Cockroach is particularly strong for geographical scalability. We can effectively deploy our data anywhere in the world with almost no manual configuration.
We can even leverage CockroachDB’s multi-cloud support to combine serverless databases with self-hosted storage, for more complex use cases.
4. MongoDB Atlas
MongoDB Atlas is a whole suite of tools that are built around an effective serverless database as a service.
The database itself is a flexible, performant document store with a fully unified query API. So, we can query and use our data in just about any language or client application.
Atlas is highly focused on empowering developers to build modern applications - with built-in workload isolation, continuous backups, native tooling, multi-region support, and automated data tiering.
There’s also a whole range of additional features aimed at application building, including app services, native search functionality, internal data visualization, authentication tools, and much more.
DynamoDB is Amazon’s serverless database. It’s another NoSQL option - but this time, we’re looking at a key/value store. Basically, this means that data is stored as sets of individual attributes and their corresponding values.
The aim here is to create incredibly performant solutions at any scale. Key/value stores are particularly well suited to large, complex, or variable data sets.

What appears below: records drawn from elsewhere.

-- ===== src/Dht/Network/Find.antt =====
-- pkg/dht/network.go, Find: the local answer of a node among the k closest, and else the first answer
-- that another of them gives. `ask` is what a peer answers to FIND for the task: no address for an
-- error, for NOTFOUND and for a payload that is not read.
use task_discovery_service.Prelude.{
  ℕ, ◌≡◌, refl, ap, ◌∙◌, Bool, true, false, not, Option, none, some, List, [], ◌∷◌, map, Text,
  nat_beq, if◌then◌else◌, All, take, keep_if, Bool-cases, inl, inr,
}
use task_discovery_service.Prelude.Sorting.{All-sort_by, All-take}
use task_discovery_service.Assoc.{lookup}
use task_discovery_service.Prelude.{text_eq}
use task_discovery_service.Dht.{NodeId, Node, Dht}
use task_discovery_service.Dht.Address.{hash_task}
use task_discovery_service.Dht.Ring.{distance, node_of}
use task_discovery_service.Dht.Ring.Order.{IsBuilt}
use task_discovery_service.Dht.Ring.History.{IsNamed, IsBuilt-IsRing}
use task_discovery_service.Dht.Closest.{
  find_k_closest_nodes, self_among, am_i_in_k_closest, am_i_in_k_closest_locked,
}
use task_discovery_service.Dht.Closest.Selection.{
  by_distance, k_closest-take, ring-ne-nil, am_i_in_k_closest-locked,
}
use task_discovery_service.Dht.Storage.{or_nil, active_addresses, forward_lookup, lookup_task}
use task_discovery_service.Dht.Network.{Json}
use task_discovery_service.Dht.Network.Safety.{lookup_task-responsible}

abbrev pub or_ask : Option (List Text) → Option (List Text) → Option (List Text)
or_ask none rest = none
or_ask (some []) rest = rest
or_ask (some (a ∷ as')) rest = some (a ∷ as')

module _ (sha256 : Text → NodeId) (k timeout : ℕ) where
  abbrev pub find_among :
      (Text → List Text) → Text → ℕ → Dht → List (Option Node) → Option Bool → Option (List Text)
  find_among ask task now d closest none = none
  find_among ask task now d closest (some true) =
      or_ask (lookup_task sha256 k timeout ask task now d) (forward_lookup ask d.self.id closest)
  find_among ask task now d closest (some false) = forward_lookup ask d.self.id closest

  -- The loop over the other nodes asks as forwardLookup does.
  unfoldable pub find : (Text → List Text) → Text → ℕ → Dht → Option (List Text)
  find ask task now d =
      let closest = find_k_closest_nodes sha256 task k d in
      find_among ask task now d closest (self_among d.self.id closest)

-- The first list that has an address.
abbrev pub first_found : List (List Text) → List Text
first_found [] = []
first_found ([] ∷ rest) = first_found rest
first_found ((a ∷ as') ∷ rest) = a ∷ as'

abbrev pub address_of : Option Node → Text
address_of none = []
address_of (some node) = node.address

module _ (ask : Text → List Text) (d : Dht) where
  -- What the nodes of the identifiers answer, this node left out.
  abbrev pub asked : List NodeId → List (List Text)
  asked ids =
      map (λ id. ask (address_of (node_of d id))) (keep_if (λ id. not (nat_beq id d.self.id)) ids)

  first_answer :
      (answer : List Text) (rest : List (List Text)) (o : Option (List Text))
      → o ≡ some (first_found rest)
      → elim answer as (λ _. Option (List Text)) [ [] ↦ o | a ∷ as' ↦ some (a ∷ as') ]
        ≡ some (first_found (answer ∷ rest))
  first_answer [] rest o h = h
  first_answer (a ∷ as') rest o h = refl

  forward-asked :
      (ids : List NodeId)
      → All (IsNamed d) ids
      → forward_lookup ask d.self.id (map (node_of d) ids) ≡ some (first_found (asked ids))
  unfolding forward_lookup
  forward-asked [] h = refl
  forward-asked (id ∷ ids) ((node, found, same), h) = elim (Bool-cases (nat_beq id d.self.id)) [
    | inl e ↦ rw (found, same, forward_lookup, e) (forward-asked ids h)
    | inr e ↦
        rw (found, same, forward_lookup, e, found)
          (first_answer (ask node.address) (asked ids) _ (forward-asked ids h))
  ]

-- The lookup sends no payload of its own.
abbrev no_payload : Json
no_payload = record {
  Raw = Unit;
  empty = tt;
  unmarshal_store = λ raw. none;
  unmarshal_find = λ raw. none;
  marshal_found = λ task addrs. tt;
  marshal_peers = λ addrs. tt;
  marshal_closest = λ addrs. tt;
}

module _ (sha256 : Text → NodeId) (k timeout : ℕ) where
  -- What a node has itself: the recent addresses, if it is among the k closest.
  abbrev pub own_answer : Text → ℕ → Dht → List Text
  own_answer task now d =
      if am_i_in_k_closest_locked sha256 task k d
      then active_addresses (or_nil (lookup task d.storage)) now timeout
      else []

  or_ask-first :
      (own : List Text) (rest : List (List Text)) (o : Option (List Text))
      → o ≡ some (first_found rest)
      → or_ask (some own) o ≡ some (first_found (own ∷ rest))
  or_ask-first [] rest o h = h
  or_ask-first (a ∷ as') rest o h = refl

  forward-first :
      (ask : Text → List Text) (task : Text) (d : Dht)
      → IsBuilt d
      → forward_lookup ask d.self.id (find_k_closest_nodes sha256 task k d)
        ≡ some (first_found (asked ask d (take k (by_distance sha256 task d.ring))))
  forward-first ask task d b =
      let key : NodeId → ℕ = λ id. distance (hash_task sha256 task) id in
      let sorted = by_distance sha256 task d.ring in
      let named : All (IsNamed d) (take k sorted) =
        All-take key (IsNamed d) k sorted
          (All-sort_by key (IsNamed d) d.ring (IsBuilt-IsRing d b).named) in
      ap (forward_lookup ask d.self.id) (k_closest-take sha256 task k d (ring-ne-nil d b))
      ∙ forward-asked ask d (take k sorted) named

  find_among-first :
      (ask : Text → List Text) (task : Text) (now : ℕ) (d : Dht)
      → IsBuilt d
      → find_among sha256 k timeout ask task now d
          (find_k_closest_nodes sha256 task k d)
          (some (am_i_in_k_closest_locked sha256 task k d))
        ≡ some (
            first_found
              (own_answer task now d ∷ asked ask d (take k (by_distance sha256 task d.ring))))
  find_among-first ask task now d b = elim (Bool-cases (am_i_in_k_closest_locked sha256 task k d)) [
    | inl e ↦
        rw (e, lookup_task-responsible sha256 k timeout no_payload ask task now d b e)
          (or_ask-first _ _ _ (forward-first ask task d b))
    | inr e ↦ rw e (forward-first ask task d b)
  ]

  -- On a ring built from its peers, Find reads no nil pointer and returns the first answer that has
  -- an address, of the node's own if it is among the k closest to the task, and then of the other
  -- nodes among them from the closest one on; with no such answer it returns no address.
  pub find-first :
      (ask : Text → List Text) (task : Text) (now : ℕ) (d : Dht)
      → IsBuilt d
      → find sha256 k timeout ask task now d
        ≡ some (
            first_found
              (own_answer task now d ∷ asked ask d (take k (by_distance sha256 task d.ring))))
  unfolding find am_i_in_k_closest
  find-first ask task now d b =
      let closest = find_k_closest_nodes sha256 task k d in
      let here : self_among d.self.id closest ≡ some (am_i_in_k_closest_locked sha256 task k d) =
        am_i_in_k_closest-locked sha256 task k d (IsBuilt-IsRing d b) (ring-ne-nil d b) in
      ap (find_among sha256 k timeout ask task now d closest) here
      ∙ find_among-first ask task now d b
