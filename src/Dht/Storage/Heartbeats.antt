-- ===== src/Dht/Storage/Heartbeats.antt =====
-- What StoreTask changes, and that what is stored is found while its heartbeat is recent.
use task_discovery_service.Prelude.{
  ℕ, ◌-◌, ◌<◌, ◌≡◌, true, ◌&&◌, Option, none, some, List, [], ◌∷◌, ◌++◌, Text, ◌==◌, text_eq,
  text_beq, text_beq_iff, if◌then◌else◌, arith, any, beq_refl, ◌∙◌,
}
use task_discovery_service.Assoc.{lookup, insert, lookup-insert}
use task_discovery_service.Dht.{Dht, ServiceRegistration}
use task_discovery_service.Dht.Storage.{or_nil, refresh, store_task, active_addresses}

abbrev pub find_heartbeat : Text → List ServiceRegistration → Option ℕ
find_heartbeat addr [] = none
find_heartbeat addr (e ∷ es) =
    if e.address == addr then some e.last_heartbeat else find_heartbeat addr es

-- The last heartbeat of an address for a task.
abbrev pub heartbeat_of : Text → Text → Dht → Option ℕ
heartbeat_of task addr d = find_heartbeat addr (or_nil (lookup task d.storage))

abbrev refreshed :
    Text
    → ℕ
    → List ServiceRegistration
    → Option (List ServiceRegistration)
    → List ServiceRegistration
refreshed addr now es none = es ++ (record { address = addr; last_heartbeat = now } ∷ [])
refreshed addr now es (some es') = es'

find-refreshed :
    (addr a : Text) (now : ℕ) (es : List ServiceRegistration)
    → find_heartbeat a (refreshed addr now es (refresh addr now es))
      ≡ (if addr == a then some now else find_heartbeat a es)
unfolding refresh
find-refreshed addr a now [] = ground arith
find-refreshed addr a now (e ∷ es) = ground (
  arith,
  find-refreshed addr a now es,
  text_beq_iff e.address addr,
  text_beq_iff e.address a,
  text_beq_iff addr a,
)

storage-store_task :
    (task addr : Text) (now : ℕ) (d : Dht)
    → (store_task task addr now d).storage
      ≡ insert task
          (refreshed addr now
            (or_nil (lookup task d.storage))
            (refresh addr now (or_nil (lookup task d.storage))))
          d.storage
unfolding store_task
storage-store_task task addr now d = ground arith

-- Storing gives the address of the task the present time, whether it was there or not, and leaves
-- the heartbeat of every other task and address.
pub heartbeat_of-store_task :
    (task addr t a : Text) (now : ℕ) (d : Dht)
    → heartbeat_of t a (store_task task addr now d)
      ≡ (if task == t && addr == a then some now else heartbeat_of t a d)
heartbeat_of-store_task task addr t a now d =
    rw (storage-store_task task addr now d, lookup-insert)
      (ground
        (arith, text_beq_iff task t, find-refreshed addr a now (or_nil (lookup task d.storage))))

active-find :
    (a : Text) (es : List ServiceRegistration) (now timeout h : ℕ)
    → find_heartbeat a es ≡ some h
    → now - h < timeout
    → any (λ b. text_beq b a) (active_addresses es now timeout) ≡ true
unfolding active_addresses
active-find a [] now timeout h e lt = cc
active-find a (x ∷ es) now timeout h e lt =
    ground (arith, text_beq_iff x.address a, active-find a es now timeout h)

-- An address that was stored for a task is among those found for it while less than the timeout
-- has passed.
pub store_task-active :
    (task addr : Text) (stored now timeout : ℕ) (d : Dht)
    → now - stored < timeout
    → any
        (λ b. text_beq b addr)
        (active_addresses
          (or_nil (lookup task (store_task task addr stored d).storage))
          now
          timeout)
      ≡ true
store_task-active task addr stored now timeout d lt =
    active-find addr _ now timeout stored
      (heartbeat_of-store_task task addr task addr stored d
        ∙ ground (arith, beq_refl task, beq_refl addr))
      lt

In fact, Dynamo boasts that applications built on its platform offer consistent single-digit millisecond performance. Even better, it’s a hugely cost-effective option - with the free tier offering 25 GB of storage and up to 200 million monthly read/write requests.
On top of this, we can take advantage of close integrations with a vast array of other tools within the AWS ecosystem.

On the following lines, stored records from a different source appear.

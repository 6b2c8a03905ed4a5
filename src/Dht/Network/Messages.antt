-- ===== src/Dht/Network/Messages.antt =====
-- What a node answers to STORE and FIND, and that what one stores the other finds.
use task_discovery_service.Prelude.{
  ℕ, ◌-◌, ◌<◌, ◌≡◌, refl, ap, ◌∙◌, Bool, true, false, Option, some, List, [], ◌∷◌, Text, text_eq,
  text_beq, if◌then◌else◌, arith, any,
}
use task_discovery_service.Assoc.{lookup}
use task_discovery_service.Text.{codes}
use task_discovery_service.Dht.{NodeId, Dht}
use task_discovery_service.Dht.Ring.{add_peer, rebuild_ring}
use task_discovery_service.Dht.Ring.Order.{IsBuilt}
use task_discovery_service.Dht.Closest.{find_k_closest_nodes, am_i_in_k_closest_locked}
use task_discovery_service.Dht.Storage.{or_nil, store_task, active_addresses}
use task_discovery_service.Dht.Storage.Heartbeats.{store_task-active}
use task_discovery_service.Dht.Network.{
  Json, Message, add_sender, store_decided, reply, found_reply, node_addresses, dispatch,
  handle_message,
}
use task_discovery_service.Dht.Network.Safety.{
  add_sender-IsBuilt, in_k_closest-locked, lookup_task-responsible, store_task-IsBuilt,
}

module _ (sha256 : Text → NodeId) (k timeout : ℕ) (json : Json) where
  abbrev pub after_sender : Message json.Raw → ℕ → Dht → Dht
  after_sender msg now d = add_sender sha256 k timeout json msg.sender now d

  add_sender-storage :
      (msg : Message json.Raw) (now : ℕ) (d : Dht) → (after_sender msg now d).storage ≡ d.storage
  unfolding add_sender add_peer rebuild_ring
  add_sender-storage msg now d = ground arith

  abbrev pub stored_reply : Dht → Option (Message json.Raw)
  stored_reply d = reply sha256 k timeout json (codes "OK") json.empty d

  abbrev pub refused_reply : Text → Dht → Option (Message json.Raw)
  refused_reply task d =
      reply sha256 k timeout json (codes "NOT_RESPONSIBLE")
        (json.marshal_closest (node_addresses (find_k_closest_nodes sha256 task k d))) d

  decided :
      (task addr : Text) (now : ℕ) (d : Dht) (closest : Bool)
      → store_decided sha256 k timeout json task addr now d (some closest)
        ≡ some (
            if closest
            then (stored_reply d, store_task task addr now d)
            else (refused_reply task d, d))
  decided task addr now d true = refl
  decided task addr now d false = refl

  -- On a ring built from its peers a STORE message of a task and an address is stored and
  -- answered OK if the node, once it knows the sender, is among the k closest to the task;
  -- otherwise nothing is stored, and the answer names the k closest nodes.
  pub store_message-decides :
      (query : Text → Text → List Text) (msg : Message json.Raw) (task addr : Text) (now : ℕ)
      (d : Dht)
      → IsBuilt d
      → msg.kind ≡ codes "STORE"
      → json.unmarshal_store msg.payload ≡ some (task, addr)
      → let d' = after_sender msg now d in
        handle_message sha256 k timeout json query msg now d
        ≡ some (
            if am_i_in_k_closest_locked sha256 task k d'
            then (stored_reply d', store_task task addr now d')
            else (refused_reply task d', d'))
  unfolding handle_message dispatch
  store_message-decides query msg task addr now d b e p =
      rw
        (
          e,
          p,
          in_k_closest-locked sha256 k timeout json task _
              (add_sender-IsBuilt sha256 k timeout json msg.sender now d b),
        )
        (decided task addr now (after_sender msg now d) _)

  -- A FIND message that a node among the k closest gets, its ring built from its peers, is
  -- answered with the addresses of the task whose heartbeat is recent, or NOTFOUND if there is
  -- none.
  find_message-answers :
      (query : Text → Text → List Text) (msg : Message json.Raw) (task : Text) (now : ℕ) (d : Dht)
      → IsBuilt d
      → msg.kind ≡ codes "FIND"
      → json.unmarshal_find msg.payload ≡ some task
      → let d' = after_sender msg now d in
        am_i_in_k_closest_locked sha256 task k d' ≡ true
        → handle_message sha256 k timeout json query msg now d
          ≡ found_reply sha256 k timeout json task d'
              (some (active_addresses (or_nil (lookup task d'.storage)) now timeout))
  unfolding handle_message dispatch
  find_message-answers query msg task now d b e p r =
      let b' = add_sender-IsBuilt sha256 k timeout json msg.sender now d b in
      rw
        (
          e,
          p,
          in_k_closest-locked sha256 k timeout json task _ b',
          r,
          lookup_task-responsible sha256 k timeout json (query task) task now _ b' r,
        )
        refl

  found_some :
      (task addr : Text) (d : Dht) (found : List Text)
      → any (λ a. text_beq a addr) found ≡ true
      → found_reply sha256 k timeout json task d (some found)
        ≡ some (reply sha256 k timeout json (codes "FOUND") (json.marshal_found task found) d, d)
  found_some task addr d [] h = cc
  found_some task addr d (a ∷ as') h = refl

  -- On a ring built from its peers, an address that a STORE message stored, the node being among
  -- the k closest to the task, is one of those that a FIND message for the task is answered with
  -- until the timeout has passed, if no call comes between the two and the node is then still
  -- among the k closest.
  pub find_after_store :
      (query : Text → Text → List Text) (put get : Message json.Raw) (task addr : Text)
      (stored now : ℕ) (d : Dht)
      → IsBuilt d
      → put.kind ≡ codes "STORE"
      → json.unmarshal_store put.payload ≡ some (task, addr)
      → get.kind ≡ codes "FIND"
      → json.unmarshal_find get.payload ≡ some task
      → now - stored < timeout
      → let before = after_sender put stored d in
        let stored_d = store_task task addr stored before in
        let found_d = after_sender get now stored_d in
        am_i_in_k_closest_locked sha256 task k before ≡ true
        → am_i_in_k_closest_locked sha256 task k found_d ≡ true
        → (handle_message sha256 k timeout json query put stored d
            ≡ some (stored_reply before, stored_d))
          × (found : List Text) × (any (λ a. text_beq a addr) found ≡ true)
          × (handle_message sha256 k timeout json query get now stored_d
              ≡ some (
                reply sha256 k timeout json (codes "FOUND") (json.marshal_found task found) found_d,
                found_d,
              ))
  find_after_store query put get task addr stored now d b e p f q lt r s =
      let before = after_sender put stored d in
      let stored_d = store_task task addr stored before in
      let found_d = after_sender get now stored_d in
      let built =
        store_task-IsBuilt task addr stored before
          (add_sender-IsBuilt sha256 k timeout json put.sender stored d b) in
      let found = active_addresses (or_nil (lookup task found_d.storage)) now timeout in
      let there : any (λ a. text_beq a addr) found ≡ true =
        ap
          (λ st.
            any (λ a. text_beq a addr) (active_addresses (or_nil (lookup task st)) now timeout))
          (add_sender-storage get now stored_d)
        ∙ store_task-active task addr stored now timeout before lt in
      (
        store_message-decides query put task addr stored d b e p ∙ rw r refl,
        found,
        there,
        find_message-answers query get task now stored_d built f q s
            ∙ found_some task addr found_d found there,
      )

So, it’s easy to leverage tools like S3, AWS Glue, CloudWatch, and more within projects - opening up huge possibilities in terms of analytics, monitoring, system logs, and security.

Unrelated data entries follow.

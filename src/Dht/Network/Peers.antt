-- ===== src/Dht/Network/Peers.antt =====
-- pkg/dht/network.go: the calls by which a node learns and forgets peers. `send` is what sendMessage
-- gives for an address, and `clock` the time at which that address is asked.
pub mod Own
pub mod Joining
pub mod Doubling
use task_discovery_service.Prelude.{
  ℕ, ◌+◌, Bool, true, false, Option, none, some, List, [], ◌∷◌, Text, ◌==◌, text_eq, if◌then◌else◌,
}
use task_discovery_service.Prelude.Result.{Result, ok, err}
use task_discovery_service.Text.{codes}
use task_discovery_service.Dht.{NodeId, Node, Dht}
use task_discovery_service.Dht.Address.{hash_address}
use task_discovery_service.Dht.Ring.{add_peer, remove_peer}
use task_discovery_service.Dht.Storage.{cleanup_expired_registrations, cleanup_stale_data}
use task_discovery_service.Dht.Network.{Message}

module _ (sha256 : Text → NodeId) where
  -- The loop over the peers of a list: the node itself is left out.
  unfoldable pub add_listed : List Text → ℕ → Dht → Dht
  add_listed [] now d = d
  add_listed (peer ∷ peers) now d =
      add_listed peers now (if peer == d.self.address then d else add_peer sha256 peer now d)

  module _ {Raw : Type 0} (unmarshal_peers : Raw → Option (List Text))
      (send : Text → Result Text (Message Raw)) (clock : Text → ℕ) where
    abbrev pub with_bootstrap : Text → Option (List Text) → Dht → Dht
    with_bootstrap bootstrap none d = d
    with_bootstrap bootstrap (some peers) d =
        let now = clock bootstrap in add_peer sha256 bootstrap now (add_listed peers now d)

    -- What the answer of a bootstrap node to JOIN adds.
    abbrev pub on_join : Text → Result Text (Message Raw) → Dht → Dht
    on_join bootstrap (err e) d = d
    on_join bootstrap (ok resp) d =
        if resp.kind == codes "PEERLIST"
        then with_bootstrap bootstrap (unmarshal_peers resp.payload) d
        else add_peer sha256 bootstrap (clock bootstrap) d

    unfoldable pub join_network : List Text → Dht → Dht
    join_network [] d = d
    join_network (bootstrap ∷ bootstraps) d =
        join_network bootstraps
          (if bootstrap == d.self.address then d else on_join bootstrap (send bootstrap) d)

    abbrev pub with_listed : Text → Option (List Text) → Dht → Dht
    with_listed bootstrap none d = d
    with_listed bootstrap (some peers) d = add_listed peers (clock bootstrap) d

    abbrev pub on_discovery : Text → Result Text (Message Raw) → Dht → Dht
    on_discovery bootstrap (err e) d = d
    on_discovery bootstrap (ok resp) d =
        if resp.kind == codes "PEERLIST"
        then with_listed bootstrap (unmarshal_peers resp.payload) d
        else d

    -- One tick of peerDiscoveryLoop.
    unfoldable pub discover_peers : List Text → Dht → Dht
    discover_peers [] d = d
    discover_peers (bootstrap ∷ bootstraps) d =
        discover_peers bootstraps
          (if bootstrap == d.self.address then d else on_discovery bootstrap (send bootstrap) d)

    abbrev pub unless_reached : Text → Result Text (Message Raw) → Dht → Dht
    unless_reached addr (err e) d = remove_peer (hash_address sha256 addr) d
    unless_reached addr (ok resp) d = d

    unfoldable pub ping_peer : Text → Dht → Dht
    ping_peer addr d = unless_reached addr (send addr) d

    -- The cleanups of one tick of maintenanceLoop, and how many entries they removed; its pings are
    -- calls of their own.
    unfoldable pub maintain : ℕ → ℕ → ℕ → Dht → Dht × ℕ
    maintain k timeout now d =
        let (expired_d, expired) = cleanup_expired_registrations timeout now d in
        let (stale_d, removed) = cleanup_stale_data sha256 k expired_d in
        (stale_d, expired + removed)
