-- ===== src/Dht/Network/Store.antt =====
-- pkg/dht/network.go, Store and getFarthestDistance: the search for nodes that accept a task. Each
-- address is contacted at most once, so `send` says what the peer of an address answers to the STORE
-- message, and `clock` at which time that address is tried.
pub mod Queue
pub mod Rounds
pub mod Attempts
pub mod Outcome
use task_discovery_service.Prelude.{
  ℕ, zero, suc, ◌+◌, ◌^◌, Bool, true, false, not, ◌&&◌, ◌||◌, Option, none, some, List, [], ◌∷◌,
  ◌++◌, map, Text, ◌==◌, text_eq, text_beq, if◌then◌else◌, any, ltb,
}
use task_discovery_service.Prelude.Result.{Result, ok, err}
use task_discovery_service.Text.{codes}
use task_discovery_service.Dht.{NodeId, Dht, id_space}
use task_discovery_service.Dht.Address.{hash_address, hash_task}
use task_discovery_service.Dht.Ring.{distance, add_peer}
use task_discovery_service.Dht.Closest.{find_k_closest_nodes}
use task_discovery_service.Dht.Storage.{store_task}
use task_discovery_service.Dht.Network.{Message, node_addresses}

-- encoding/json for the payload of a NOT_RESPONSIBLE answer, and its length in bytes.
pub record Suggestions (Raw : Type 0) : Type 0 where
  pub payload_length : Raw → ℕ
  pub unmarshal_closest : Raw → Option (List Text)

-- The variables of the loop, its queue left out.
pub record StoreRun : Type 0 where
  pub node : Dht
  pub attempted : List Text
  pub success_count : ℕ
  pub last_err : Option Text

abbrev pub is_attempted : Text → List Text → Bool
is_attempted addr attempted = any (text_beq addr) attempted

abbrev pub farther_of : ℕ → Option ℕ → Option ℕ
farther_of dist none = some dist
farther_of dist (some farthest) = some (if ltb farthest dist then dist else farthest)

abbrev pub or_max : Option ℕ → ℕ
or_max none = id_space
or_max (some farthest) = farthest

abbrev pub start : Dht → StoreRun
start d = record { node = d; attempted = []; success_count = 0; last_err = none }

abbrev pub store_queue : (Text → NodeId) → ℕ → Text → Dht → List Text
store_queue sha256 k task d = node_addresses (find_k_closest_nodes sha256 task k d)

-- With no success the last error is wrapped, if there was one.
abbrev pub outcome : StoreRun → Result (Option Text) Unit
outcome r = if ltb 0 r.success_count then ok tt else err r.last_err

abbrev pub finished : Option StoreRun → Option (Result (Option Text) Unit × Dht)
finished none = none
finished (some r) = some (outcome r, r.node)

module _ (sha256 : Text → NodeId) where
  unfoldable pub farthest_among : NodeId → List Text → Option ℕ
  farthest_among task_hash [] = none
  farthest_among task_hash (addr ∷ attempted) =
      farther_of (distance task_hash (hash_address sha256 addr))
        (farthest_among task_hash attempted)

  unfoldable pub get_farthest_distance : NodeId → List Text → ℕ
  get_farthest_distance task_hash attempted = or_max (farthest_among task_hash attempted)

  -- The loop over the suggested addresses, with what is queued and the peers that are added.
  unfoldable pub queue_closer :
      NodeId → ℕ → ℕ → List Text → List Text → List Text → Dht → List Text × Dht
  queue_closer task_hash farthest now attempted [] queue d = (queue, d)
  queue_closer task_hash farthest now attempted (addr ∷ suggested) queue d =
      let closer = ltb (distance task_hash (hash_address sha256 addr)) farthest in
      queue_closer task_hash farthest now attempted suggested
        (if is_attempted addr attempted
          then queue
          else if closer
          then queue ++ (addr ∷ [])
          else queue)
        (add_peer sha256 addr now d)

module _ (sha256 : Text → NodeId) (k : ℕ) {Raw : Type 0} (json : Suggestions Raw)
    (send : Text → Result Text (Message Raw)) (clock : Text → ℕ) (task address : Text) where
  abbrev pub follow : Option (List Text) → ℕ → List Text → StoreRun → List Text × StoreRun
  follow none now queue r = (queue, r)
  follow (some suggested) now queue r =
      let task_hash = hash_task sha256 task in
      let farthest = get_farthest_distance sha256 task_hash r.attempted in
      let (queue', node') =
        queue_closer sha256 task_hash farthest now r.attempted suggested queue r.node in
      (queue', record r { node = node' })

  abbrev pub on_response :
      Result Text (Message Raw) → ℕ → List Text → StoreRun → List Text × StoreRun
  on_response (err e) now queue r = (queue, record r { last_err = some e })
  on_response (ok resp) now queue r =
      if resp.kind == codes "OK"
      then (queue, record r { success_count = r.success_count + 1 })
      else if resp.kind == codes "NOT_RESPONSIBLE" && ltb 0 (json.payload_length resp.payload)
      then follow (json.unmarshal_closest resp.payload) now queue r
      else (queue, r)

  -- The body of the loop for an address that is new.
  unfoldable pub contact : Text → List Text → StoreRun → List Text × StoreRun
  contact addr queue r =
      if addr == r.node.self.address
      then (
        queue,
        record r {
          node = store_task task address (clock addr) r.node;
          success_count = r.success_count + 1;
        },
      )
      else on_response (send addr) (clock addr) queue r

  -- One round of the loop, the address taken from the queue.
  unfoldable pub visit : Text → List Text → StoreRun → List Text × StoreRun
  visit addr queue r =
      if is_attempted addr r.attempted
      then (queue, r)
      else contact addr queue (record r { attempted = addr ∷ r.attempted })

  -- The loop with the rounds left; `none` is a queue that is not yet empty.
  unfoldable pub store_rounds : ℕ → List Text → StoreRun → Option StoreRun
  store_rounds fuel [] r = some r
  store_rounds zero (addr ∷ queue) r = none
  store_rounds (suc fuel) (addr ∷ queue) r =
      let (queue', r') = visit addr queue r in store_rounds fuel queue' r'

  unfoldable pub store : ℕ → Dht → Option (Result (Option Text) Unit × Dht)
  store fuel d = finished (store_rounds fuel (store_queue sha256 k task d) (start d))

Firestore is a serverless NoSQL database built on the Google Cloud infrastructure. At its core, Firestore is another document store. In practice, though, it offers a huge degree of flexibility compared to similar document databases.
So, we can easily establish complex, hierarchical data models using our own structures of nested documents and document collections.
There are a number of options for accessing and manipulating your data. At the more advanced end of the spectrum, there are native SDKs for a range of languages, including Node.js, Go, Python, and Java.
We can also query Firestore data via their cloud API - opening it up to users who might not be as au fait with traditional development.
On top of this, Firestore offers advanced functionality around security, access control, and authentication - including Google’s Firebase Authentication and Cloud Firestore Security Rules tools.
7. AWS Aurora
Amazon Aurora Serverless is another serverless database within the AWS ecosystem. However, unlike DynamoDB, Aurora is more akin to a traditional relational database management system - like SQL databases.
It offers full compatibility with both MySQL and Postgres - but Amazon claims that Aurora offers far superior performance and cost-effectiveness than traditional instances of these databases.
Since we’re dealing with AWS infrastructure, we can expect a high degree of reliability. In fact, Aurora boasts 99.99% in its SLAs.
The idea is to provide familiar experiences to SQL users in a powerful, serverless package - as well as eliminate the need for manual ops and database management.
8. Azure SQL
Finally, we have Microsoft’s offering - Azure SQL. Fundamentally, this is SQL Server - but offered as a service. However, Azure SQL also supports other data types, including graph, JSON, and geospatial - making it viable as a multi-model serverless database.
Automatic updates make Azure SQL a particularly reliable service - with an SLA boasting 99.995% uptime.
There’s also a whole host of more advanced capabilities, including built-in AI, intelligent threat detection, and native support for other Azure tools and functions.
Azure SQL even offers elastic database pooling - helping to ensure cost-effectiveness, performance, and multi-tenant resource allocation.